__Exercise instructions__. Set down exactly the first line of the entries and every line after it, through the line with "tenant st).0.capacity ≡ st.capacity)".

************

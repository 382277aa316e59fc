-- ===== src/Access/Limiter/Stores.antt =====
-- A call of `Process` as a consumption from the caller's bucket, which leaves the other buckets alone.
use release_engine.Prelude.{
  ℕ, String, ◌≡◌, ◌≢◌, ◌==◌, inl, inr, refl, Option, some, arith, eq_iff, Bool-cases, Option-cases,
  lookup, lookup-insert, if◌then◌else◌,
}
use release_engine.Access.Limiter.{
  retry_after, RateLimiterStore, get_bucket, consume, process, tenant_or_default, passed, limited,
}
use release_engine.Access.Limiter.Bucket.{opened_bucket}

get_bucket_lem :
    (opened : ℕ) (tenant : String) (st : RateLimiterStore)
    → (get_bucket opened tenant st).1
      ≡ opened_bucket st.capacity st.refill opened (lookup tenant st.buckets)
unfolding get_bucket
get_bucket_lem opened tenant st = elim (Option-cases (lookup tenant st.buckets)) [
  | inl e ↦ rw (e, get_bucket) refl
  | inr (b, e) ↦ rw (e, get_bucket) refl
]

-- `GetBucket` changes no other tenant's bucket, and neither figure of the store.
get_bucket_keeps :
    (opened : ℕ) (caller tenant : String) (st : RateLimiterStore)
    → caller ≢ tenant
    → lookup tenant (get_bucket opened caller st).0.buckets ≡ lookup tenant st.buckets
unfolding get_bucket
get_bucket_keeps opened caller tenant st h = elim (Option-cases (lookup caller st.buckets)) [
  | inl e ↦ rw (e, get_bucket, lookup-insert) (ground (arith, h, eq_iff caller tenant))
  | inr (b, e) ↦ rw (e, get_bucket) refl
]

get_bucket_store :
    (opened : ℕ) (tenant : String) (st : RateLimiterStore)
    → ((get_bucket opened tenant st).0.capacity ≡ st.capacity)
      × ((get_bucket opened tenant st).0.refill ≡ st.refill)
unfolding get_bucket
get_bucket_store opened tenant st = ground arith

-- What a call leaves of a tenant's bucket.
pub lookup-process :
    (opened now : ℕ) (caller : Option String) (tenant : String) (st : RateLimiterStore)
    → let b =
        opened_bucket st.capacity st.refill opened (lookup (tenant_or_default caller) st.buckets) in
      lookup tenant (process opened now caller st).0.buckets ≡ (
        if tenant_or_default caller == tenant
        then some (consume now b).0
        else lookup tenant st.buckets)
unfolding process
lookup-process opened now caller tenant st =
    elim (Bool-cases (tenant_or_default caller == tenant)) [
      | inl e ↦ rw (get_bucket_lem, lookup-insert, e) refl
      | inr e ↦
          rw (lookup-insert, e)
            (get_bucket_keeps opened (tenant_or_default caller) tenant st
              (ground (arith, e, eq_iff (tenant_or_default caller) tenant)))
    ]

pub process_verdict :
    (opened now : ℕ) (caller : Option String) (st : RateLimiterStore)
    → let (b, taken) = consume now (
        opened_bucket st.capacity st.refill opened
          (lookup (tenant_or_default caller) st.buckets)) in
      (process opened now caller st).1 ≡ (if taken then passed else limited (retry_after b))
unfolding process
process_verdict opened now caller st = rw get_bucket_lem refl

pub process_store :
    (opened now : ℕ) (caller : Option String) (st : RateLimiterStore)
    → ((process opened now caller st).0.capacity ≡ st.capacity)
      × ((process opened now caller st).0.refill ≡ st.refill)
unfolding process
process_store opened now caller st = get_bucket_store opened (tenant_or_default caller) st
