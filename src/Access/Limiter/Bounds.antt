-- ===== src/Access/Limiter/Bounds.antt =====
-- What the limiter admits of one tenant's requests over time.
use mathlib.Core.Path.{subst₂, ◌∙◌}
use release_engine.Prelude.{
  ℕ, String, ◌≡◌, ◌≤◌, ◌+◌, ◌-◌, ◌*◌, ◌==◌, inl, inr, refl, Option, some, List, [], ◌∷◌, arith,
  eq_iff, Bool-cases, lookup, if◌then◌else◌,
}
use release_engine.Access.Limiter.{
  RateLimiterStore, one_token, new_rate_limiter_store, consume, process, tenant_or_default, passed,
  limited,
}
use release_engine.Access.Limiter.Bucket.{
  opened_bucket, cost, drawable, IsSound, elapsed, draw_own, draw_foreign, consume-IsSound,
  IsSound-later,
}
use release_engine.Access.Limiter.Stores.{lookup-process, process_verdict, process_store}

-- A request of a tenant, with the two instants at which `Process` reads the clock.
pub record Call : Type 0 where
  pub tenant : Option String
  pub opened : ℕ
  pub now : ℕ

-- The calls follow one another between the two instants.
abbrev pub InOrder : ℕ → ℕ → List Call → Type 0
InOrder from until [] = from ≤ until
InOrder from until (c ∷ cs) = (from ≤ c.opened) × (c.opened ≤ c.now) × InOrder c.now until cs

-- How many of the calls are a tenant's and pass.
unfoldable pub admitted : String → RateLimiterStore → List Call → ℕ
admitted tenant st [] = 0
admitted tenant st (c ∷ cs) =
    let (st', verdict) = process c.opened c.now c.tenant st in
    let rest = admitted tenant st' cs in
    if tenant_or_default c.tenant == tenant
    then elim verdict [ passed ↦ rest + 1 | limited n ↦ rest ]
    else rest

InOrder-ends : (from until : ℕ) (cs : List Call) → InOrder from until cs → from ≤ until
InOrder-ends from until [] h = h
InOrder-ends from until (c ∷ cs) (h, k, rest) = ground (arith, InOrder-ends c.now until cs rest)

-- One call's part of the count.
counts :
    (tenant : String) (st : RateLimiterStore) (c : Call) (cs : List Call)
    → let o = lookup (tenant_or_default c.tenant) st.buckets in
      let taken = (consume c.now (opened_bucket st.capacity st.refill c.opened o)).1 in
      let rest = admitted tenant (process c.opened c.now c.tenant st).0 cs in
      admitted tenant st (c ∷ cs) * one_token ≡ (
        if tenant_or_default c.tenant == tenant
        then cost taken + rest * one_token
        else rest * one_token)
unfolding admitted
counts tenant st c cs = rw process_verdict (ground arith)

admitted_none : (tenant : String) (st : RateLimiterStore) → admitted tenant st [] * one_token ≡ 0
unfolding admitted
admitted_none tenant st = refl

admitted_lem :
    (capacity refill from until : ℕ) (tenant : String) (st : RateLimiterStore) (cs : List Call)
    → st.capacity ≡ capacity
    → st.refill ≡ refill
    → InOrder from until cs
    → IsSound capacity refill from (lookup tenant st.buckets)
    → admitted tenant st cs * one_token
      ≤ drawable capacity refill from (lookup tenant st.buckets) + refill * (until - from)
admitted_lem capacity refill from until tenant st [] p q order s =
    omega (arith, admitted_none tenant st)
admitted_lem capacity refill from until tenant st (c ∷ cs) p q (h, k, rest) s =
    let o = lookup tenant st.buckets in
    let st' = (process c.opened c.now c.tenant st).0 in
    let (p', q') = process_store c.opened c.now c.tenant st in
    let later : from ≤ c.now = omega arith in
    let split = elapsed refill from c.now until later (InOrder-ends c.now until cs rest) in
    let view = lookup-process c.opened c.now c.tenant tenant st in
    let count = counts tenant st c cs in
    elim (Bool-cases (tenant_or_default c.tenant == tenant)) [
      | inl e ↦
          let same = (eq_iff (tenant_or_default c.tenant) tenant).0 e in
          let b = opened_bucket capacity refill c.opened o in
          let left : lookup tenant st'.buckets ≡ some (consume c.now b).0 =
            subst₂
              (λ cap ref.
                lookup tenant st'.buckets
                ≡ some (consume c.now (opened_bucket cap ref c.opened o)).0)
              p q (rw (e, same) at view) in
          let sum : admitted tenant st (c ∷ cs) * one_token
              ≡ cost (consume c.now b).1 + admitted tenant st' cs * one_token =
            subst₂
              (λ cap ref.
                admitted tenant st (c ∷ cs) * one_token
                ≡ cost (consume c.now (opened_bucket cap ref c.opened o)).1
                  + admitted tenant st' cs * one_token)
              p q (rw (e, same) at count) in
          let sound = consume-IsSound capacity refill from c.opened c.now o s in
          let ih =
            admitted_lem capacity refill c.now until tenant st' cs (p' ∙ p) (q' ∙ q) rest
              (rw left sound) in
          let rest_bound : admitted tenant st' cs * one_token
              ≤ drawable capacity refill c.now (some (consume c.now b).0)
                + refill * (until - c.now) =
            rw left at ih in
          omega
            (arith, sum, rest_bound, draw_own capacity refill from c.opened c.now o h k s, split)
      | inr e ↦
          let left : lookup tenant st'.buckets ≡ o = rw e at view in
          let sum : admitted tenant st (c ∷ cs) * one_token ≡ admitted tenant st' cs * one_token =
            rw e at count in
          let sound = IsSound-later capacity refill from c.now o later s in
          let ih =
            admitted_lem capacity refill c.now until tenant st' cs (p' ∙ p) (q' ∙ q) rest
              (rw left sound) in
          let rest_bound : admitted tenant st' cs * one_token
              ≤ drawable capacity refill c.now o + refill * (until - c.now) =
            rw left at ih in
          omega (arith, sum, rest_bound, draw_foreign capacity refill from c.now o later s, split)
    ]

-- However the requests of all tenants follow one another from a new store on, the requests of one
-- tenant that pass number at most the capacity and what the refill yields in the time between.
pub admitted_bounded :
    (capacity refill from until : ℕ) (tenant : String) (cs : List Call)
    → InOrder from until cs
    → admitted tenant (new_rate_limiter_store capacity refill) cs * one_token
      ≤ capacity + refill * (until - from)
unfolding lookup
admitted_bounded capacity refill from until tenant cs order =
    admitted_lem capacity refill from until tenant (new_rate_limiter_store capacity refill) cs refl
      refl order tt
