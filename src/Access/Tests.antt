-- ===== src/Access/Tests.antt =====
-- Two tenants on a limiter of two tokens that yields one a second, and a token under an issuer's only key.
use mathlib.Core.Path.{subst}
use release_engine.Prelude.Int.{pos}
use release_engine.Access.Keys.{
  KeyLibrary, PublicKey, JwksCache, Issuer, Jwk, get_key, renew, refresh, discover_jwks_uri,
  add_keys, public_key,
}
use release_engine.Access.Auth.{JwtLibrary, AuthContext, AuthClaims, authenticate, check_token}
use release_engine.Access.Auth.Laws.{AllServed, Serves, IsVouched, authenticate-IsVouched}
use release_engine.Prelude.{
  ◌≡◌, ◌==◌, refl, inr, true, none, Option, AllEntries, insert, lookup, if◌then◌else◌, ℕ, String,
  ◌≤◌, ◌+◌, ◌-◌, ◌*◌, some, List, [], ◌∷◌, arith,
}
use release_engine.Access.Limiter.{one_token, new_rate_limiter_store}
use release_engine.Access.Limiter.Bounds.{Call, admitted, admitted_bounded}

abbrev call : String → ℕ → Call
call tenant now = record { tenant = some tenant; opened = now; now = now }

abbrev calls : List Call
calls = call "t1" 5 ∷ call "t2" 6 ∷ call "t1" 7 ∷ call "t1" 8 ∷ []

admitted_bounded_example :
    admitted "t1" (new_rate_limiter_store 2_000_000_000 1) calls * one_token
    ≤ 2_000_000_000 + 1 * (9 - 5)
admitted_bounded_example = admitted_bounded 2_000_000_000 1 5 9 "t1" calls (
  omega arith,
  omega arith,
  (omega arith, omega arith, (omega arith, omega arith, (omega arith, omega arith, omega arith))),
)

abbrev key_library : KeyLibrary
key_library = record { Bytes = String; decode = λ text. some text; is_url = λ uri. true }

abbrev served_key : PublicKey key_library
served_key = record { modulus = "n1"; exponent = "AQAB" }

abbrev claims : AuthClaims
claims = record {
  subject = "ann";
  tenant_id = "t1";
  role = "team-lead";
  brand_ids = [];
  group_ids = [];
  issuer = "https://issuer";
  audience = "release-engine";
  expires_at = pos 9;
  issued_at = pos 1;
}

abbrev jwt : JwtLibrary key_library
jwt = record {
  split = λ header. some ("bearer", "token");
  equal_fold = λ a b. true;
  kid_of = λ token. some "k1";
  verify = λ key token. if key.modulus == "n1" then some claims else none;
}

-- An issuer of one key, and an empty cache.
abbrev issuer : Issuer
issuer = record {
  discovery = some "https://issuer/keys";
  jwks = λ uri. some (record { kid = "k1"; kty = "RSA"; n = "n1"; e = "AQAB" } ∷ []);
}

abbrev no_keys : JwksCache key_library
no_keys = record { keys = []; refresh_after = 0 }

abbrev Genuine : String → PublicKey key_library → Type 0
Genuine kid key = key ≡ served_key

abbrev context : AuthContext
context = record { claims = claims; tenant_id = some "t1" }

issuer-Serves : Serves key_library Genuine issuer
unfolding public_key
issuer-Serves uri jwks e =
    subst (λ ks. AllServed key_library Genuine ks) (some_injective e)
      (inr (served_key, refl, refl), tt)
  where
    some_injective : {x y : List Jwk} → ◌≡◌ {A = Option (List Jwk)} (some x) (some y) → x ≡ y
    some_injective h = cc

authenticate-IsVouched_example :
    let (c', passes) = authenticate key_library jwt issuer 5 6 "bearer token" no_keys in
    (scheme token : String) × (jwt.split "bearer token" ≡ some (scheme, token))
    × (jwt.equal_fold scheme "Bearer" ≡ true)
    × AllEntries Genuine c'.keys
    × IsVouched key_library Genuine jwt issuer 5 6 c' token context
unfolding authenticate check_token get_key renew refresh discover_jwks_uri add_keys public_key
    insert lookup
authenticate-IsVouched_example =
    authenticate-IsVouched key_library Genuine jwt issuer 5 6 "bearer token" no_keys context
      issuer-Serves tt refl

************

__Task answer__.
repository 382277aa316e59fc
-- ===== src/Access/Limiter/Stores.antt =====
-- A call of `Process` as a consumption from the caller's bucket, which leaves the other buckets alone.
use release_engine.Prelude.{
  ℕ, String, ◌≡◌, ◌≢◌, ◌==◌, inl, inr, refl, Option, some, arith, eq_iff, Bool-cases, Option-cases,
  lookup, lookup-insert, if◌then◌else◌,
}
use release_engine.Access.Limiter.{
  retry_after, RateLimiterStore, get_bucket, consume, process, tenant_or_default, passed, limited,
}
use release_engine.Access.Limiter.Bucket.{opened_bucket}

get_bucket_lem :
    (opened : ℕ) (tenant : String) (st : RateLimiterStore)
    → (get_bucket opened tenant st).1
      ≡ opened_bucket st.capacity st.refill opened (lookup tenant st.buckets)
unfolding get_bucket
get_bucket_lem opened tenant st = elim (Option-cases (lookup tenant st.buckets)) [
  | inl e ↦ rw (e, get_bucket) refl
  | inr (b, e) ↦ rw (e, get_bucket) refl
]

-- `GetBucket` changes no other tenant's bucket, and neither figure of the store.
get_bucket_keeps :
    (opened : ℕ) (caller tenant : String) (st : RateLimiterStore)
    → caller ≢ tenant
    → lookup tenant (get_bucket opened caller st).0.buckets ≡ lookup tenant st.buckets
unfolding get_bucket
get_bucket_keeps opened caller tenant st h = elim (Option-cases (lookup caller st.buckets)) [
  | inl e ↦ rw (e, get_bucket, lookup-insert) (ground (arith, h, eq_iff caller tenant))
  | inr (b, e) ↦ rw (e, get_bucket) refl
]

get_bucket_store :
    (opened : ℕ) (tenant : String) (st : RateLimiterStore)
    → ((get_bucket opened tenant st).0.capacity ≡ st.capacity)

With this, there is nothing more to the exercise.